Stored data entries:
+-------+

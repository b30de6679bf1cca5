-- ===== src/Held/Transfers.antt =====
-- A withdrawal from its call to its callback, whatever happens between them
-- (contract/src/feature/withdraw/api.rs).
use sweat_jar.Base.{
  ◌+◌, ◌<◌, ◌≡◌, refl, sym, ap, ◌∙◌, subst, true, false, List, [], ◌∷◌, ◌++◌, ok, String, u128_mod,
  or_panic-eq-ok, jar_not_found, account_not_found,
}
use sweat_jar.Base.Dict.{lookup, lookup-insert_self}
use sweat_jar.Base.Ensures.{Ensures, returns, after, given, outcome}
use sweat_jar.Product.{Terms}
use sweat_jar.Jar.{Deposit, Jar, get_liquid_balance, try_lock, assert_not_locked}
use sweat_jar.Jar
use sweat_jar.Jar.Liquid.{principal_sum}
use sweat_jar.Account.{Account, get_jar, put_jar}
use sweat_jar.Contract.{
  Env, Contract, PromiseOrValue, value, promise, Transfer, get_account, put_account,
}
use sweat_jar.Withdraw.{
  WithdrawView, AfterWithdraw, net_amount, request_for, withdraw, after_withdraw,
}
use sweat_jar.Withdraw.Conservation.{
  principal_of, request_for-balance, after_withdraw-of_balance, after_withdraw-failure,
}
use sweat_jar.Keeper.Settling.{update_jar_cache-IsKept}
use sweat_jar.World.{
  World, Callback, after_withdraw_due, Step, called, resolved, lost, passed, Steps, still, more,
}
use sweat_jar.World.Reach.{IsWorld, Steps-IsWorld}
use sweat_jar.Keeper.Paying.{withdraw-IsKept}
use sweat_jar.Invariant.{IsContract, sound as sound_keeper}
use sweat_jar.Held.{IsHeld, holder}
use sweat_jar.Held.Restakes.{held_locked}
use sweat_jar.Held.Calls.{Spares, handle-IsHeld}
use sweat_jar.Held.Callbacks.{Misses, resolve-IsHeld}

-- A step that is no callback which counts on the jar, and does not unlock its jars by the maintainer's hand.
abbrev IsOther : String → String → {w w' : World} → Step w w' → Type 0
IsOther id product_id (called w env call c due _ _ _) = Spares id call
IsOther id product_id (resolved c c' now front back due success _) = Misses id product_id due
IsOther id product_id (lost c now front back due success why _) = Unit
IsOther id product_id (passed w later _) = Unit

pub data OtherSteps (id product_id : String) : World → World → Type 0 where
  no_step : (w : World) → OtherSteps id product_id w w
  one_more :
      {w w' w'' : World}
      → OtherSteps id product_id w w'
      → (step : Step w' w'') → IsOther id product_id step
      → OtherSteps id product_id w w''

OtherSteps-Steps :
    {id product_id : String} {w w' : World} → OtherSteps id product_id w w' → Steps w w'
OtherSteps-Steps (no_step w) = still w
OtherSteps-Steps (one_more steps step _) = more (OtherSteps-Steps steps) step

Step-IsHeld :
    (id product_id : String) (front : List Deposit) {w w' : World} (step : Step w w')
    → IsOther id product_id step
    → IsWorld w
    → IsHeld id product_id front w.contract
    → IsHeld id product_id front w'.contract
Step-IsHeld id product_id front (called w env call c due time _ done) other sound h =
    handle-IsHeld env w.contract call id product_id front
      (subst (λ t. IsContract t w.contract) (sym time) sound.0) other h done
Step-IsHeld id product_id front (resolved c c' now _ back due success done) other sound h =
    outcome _ (resolve-IsHeld id product_id front c now due success other h) done
Step-IsHeld id product_id front (lost c now _ back due success why _) other sound h = h
Step-IsHeld id product_id front (passed w later _) other sound h = h

-- Through any such steps a held jar stays held.
OtherSteps-IsHeld :
    (id product_id : String) (front : List Deposit) {w w' : World}
    → OtherSteps id product_id w w'
    → IsWorld w
    → IsHeld id product_id front w.contract
    → IsHeld id product_id front w'.contract
OtherSteps-IsHeld id product_id front (no_step w) sound h = h
OtherSteps-IsHeld id product_id front (one_more steps step other) sound h =
    Step-IsHeld id product_id front step other (Steps-IsWorld (OtherSteps-Steps steps) sound)
      (OtherSteps-IsHeld id product_id front steps sound h)

-- What `withdraw` leaves: a transfer of the request's net amount, and the jar held with the deposits
-- whose liquid balance was requested.
abbrev pub IsWithdrawal :
    Env → String → Contract → PromiseOrValue WithdrawView AfterWithdraw → Type 0
IsWithdrawal env product_id c (value _) = ⊥
IsWithdrawal env product_id c (promise t call) =
    (call.account_id ≡ env.predecessor)
    × (call.request.product_id ≡ product_id)
    × (net_amount call.request.withdrawal ≡ ok t.amount)
    × ((jar : Jar) × (terms : Terms) × (get_liquid_balance jar terms env.now
          ≡ ok (call.request.withdrawal.amount, call.request.partition_index))
        × IsHeld env.predecessor product_id jar.deposits c)

try_lock-locked : (jar : Jar) → Ensures (λ j. j.is_locked ≡ true) (try_lock jar)
unfolding try_lock Jar.lock
try_lock-locked jar = after (assert_not_locked jar) _ λ _ _. returns _ refl

append_nil : (ds : List Deposit) → ds ≡ ds ++ []
append_nil [] = refl
append_nil (d ∷ ds) = ap (λ rest. d ∷ rest) (append_nil ds)

pub withdraw-IsWithdrawal :
    (env : Env) (c : Contract) (product_id : String)
    → Ensures (λ r. IsWithdrawal env product_id r.0 r.1) (withdraw env c product_id)
unfolding withdraw get_account get_jar put_account put_jar
withdraw-IsWithdrawal env c product_id =
    let id = env.predecessor in
    after (get_account c id) _ λ a _. after (get_jar a product_id) _ λ jar _.
      given _ (try_lock-locked jar) λ locked is_locked.
        let a0 = put_jar a product_id locked in
        let h0 : IsHeld id product_id [] (put_account c id a0) = (
          a0,
          lookup-insert_self id a0 c.accounts,
          (
            locked,
            lookup-insert_self product_id locked a.jars,
            (is_locked, (locked.deposits, refl)),
          ),
        ) in
        given _ (update_jar_cache-IsKept (holder env.now id product_id []) _ id product_id h0)
          λ c' h'. after (get_account c' id) _ λ a' ha. after (get_jar a' product_id) _ λ jar' hj.
            after (request_for env c' jar' product_id) _ λ request hr.
              after (net_amount request.withdrawal) _ λ net hn.
                let found = or_panic-eq-ok (lookup id c'.accounts) account_not_found ha in
                let listed = or_panic-eq-ok (lookup product_id a'.jars) jar_not_found hj in
                let still_locked = held_locked id product_id [] c' id h' ha refl listed in
                let (terms, balance) = request_for-balance env c' jar' product_id hr in
                returns _ (
                  refl,
                  refl,
                  hn,
                  (
                    jar',
                    terms,
                    balance,
                    (a', found, (jar', listed, (still_locked, ([], append_nil jar'.deposits)))),
                  ),
                )

-- The jar that a callback finds: other than in its deposits it may have changed since the request.
with_deposits :
    (jar : Jar) (ds : List Deposit) → jar.deposits ≡ ds → record jar { deposits = ds } ≡ jar
with_deposits jar ds e = ap (λ x. record jar { deposits = x }) (sym e)

-- How the callback of a withdrawal ends in the state `c`. Its transfer failed: the jar is unlocked,
-- and that is all. Its transfer succeeded: the requested amount has left the jar's principal, the
-- fee is added to the fees, and the account is told the amount that was transferred.
abbrev pub IsSettled : Contract → Transfer → AfterWithdraw → Type 0
IsSettled c t call =
    (a : Account) × (jar : Jar) × (b : Account) × (get_account c call.account_id ≡ ok a)
    × (get_jar a call.request.product_id ≡ ok jar)
    × (after_withdraw c call false
        ≡ ok (
          put_account c call.account_id (put_jar a call.request.product_id (Jar.unlock jar)),
          record { product_id = call.request.product_id; withdrawn_amount = 0; fee = 0 },
        ))
    × (after_withdraw c call true
        ≡ ok (
          record (put_account c call.account_id b) {
            fee_amount = c.fee_amount + call.request.withdrawal.fee;
          },
          record {
            product_id = call.request.product_id;
            withdrawn_amount = t.amount;
            fee = call.request.withdrawal.fee;
          },
        ))
    × (principal_of (lookup call.request.product_id b.jars) + call.request.withdrawal.amount
        ≡ principal_sum jar.deposits)

held-IsSettled :
    (env : Env) (c c0 : Contract) (product_id : String) (t : Transfer) (call : AfterWithdraw)
    → IsWithdrawal env product_id c0 (promise t call)
    → ((front : List Deposit)
        → IsHeld env.predecessor product_id front c0
        → IsHeld env.predecessor product_id front c)
    → c.fee_amount + call.request.withdrawal.fee < u128_mod
    → IsSettled c t call
unfolding get_account get_jar get_liquid_balance
held-IsSettled env c c0 product_id t call (owner, product, hn, (jar0, terms, balance, h0)) keeps
      small =
    let (a, found, (jar, listed, (_, (later, e)))) = keeps jar0.deposits h0 in
    let ha : get_account c call.account_id ≡ ok a = rw (owner, found) refl in
    let hj : get_jar a call.request.product_id ≡ ok jar = rw (product, listed) refl in
    let before : Jar = record jar { deposits = jar0.deposits } in
    let hj' : get_jar a call.request.product_id
        ≡ ok (record before { deposits = jar0.deposits ++ later }) =
      hj ∙ ap ok (sym (with_deposits jar (jar0.deposits ++ later) e)) in
    let (b, done, sum) =
      after_withdraw-of_balance env c call a before terms later balance hn ha hj' small in
    (a, jar, b, ha, hj, after_withdraw-failure c call ha hj, done, sum ∙ ap principal_sum (sym e))

-- A call of `withdraw` that starts a transfer is always brought to an end. From a sound state with any
-- pending callbacks, whatever happens before its transfer is resolved (calls of anyone, callbacks, also of
-- transfers that were pending before, that do not count on this jar, time), but for the maintainer's unlocking of the account's jars, the callback
-- returns with either outcome, provided that the collected fees stay a u128. If the transfer failed, the jar
-- is unlocked and nothing else changes. If it succeeded, exactly the requested amount has left the jar's
-- principal, the fee is added to the collected fees, and the amount reported is the amount
-- that was transferred.
pub withdraw-settles :
    (env : Env) (c c1 : Contract) (product_id : String) (t : Transfer) (call : AfterWithdraw)
    (others : List Callback) {w : World}
    → IsWorld (record { contract = c; now = env.now; pending = others })
    → withdraw env c product_id ≡ ok (c1, promise t call)
    → OtherSteps env.predecessor product_id
        (record { contract = c1; now = env.now; pending = after_withdraw_due call ∷ others })
        w
    → w.contract.fee_amount + call.request.withdrawal.fee < u128_mod
    → IsSettled w.contract t call
withdraw-settles env c c1 product_id t call others {w} (sound, callbacks) h steps small =
    let h0 = outcome _ (withdraw-IsWithdrawal env c product_id) h in
    let sound1 = outcome _ (withdraw-IsKept env (sound_keeper env.now) c product_id sound) h in
    held-IsSettled env w.contract c1 product_id t call h0
      (λ front held.
        OtherSteps-IsHeld env.predecessor product_id front steps (sound1, (tt, callbacks)) held)
      small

+-------+

— TASK DIRECTIONS —
All lines above from the one with "-- principal, the" to the one with "w.contract t call", inclusive, should be copied exactly, and no other lines.

— SOLVED PROBLEM —
-- principal, the fee is added to the collected fees, and the amount reported is the amount
-- that was transferred.
pub withdraw-settles :
    (env : Env) (c c1 : Contract) (product_id : String) (t : Transfer) (call : AfterWithdraw)
    (others : List Callback) {w : World}
    → IsWorld (record { contract = c; now = env.now; pending = others })
    → withdraw env c product_id ≡ ok (c1, promise t call)
    → OtherSteps env.predecessor product_id
        (record { contract = c1; now = env.now; pending = after_withdraw_due call ∷ others })
        w
    → w.contract.fee_amount + call.request.withdrawal.fee < u128_mod
    → IsSettled w.contract t call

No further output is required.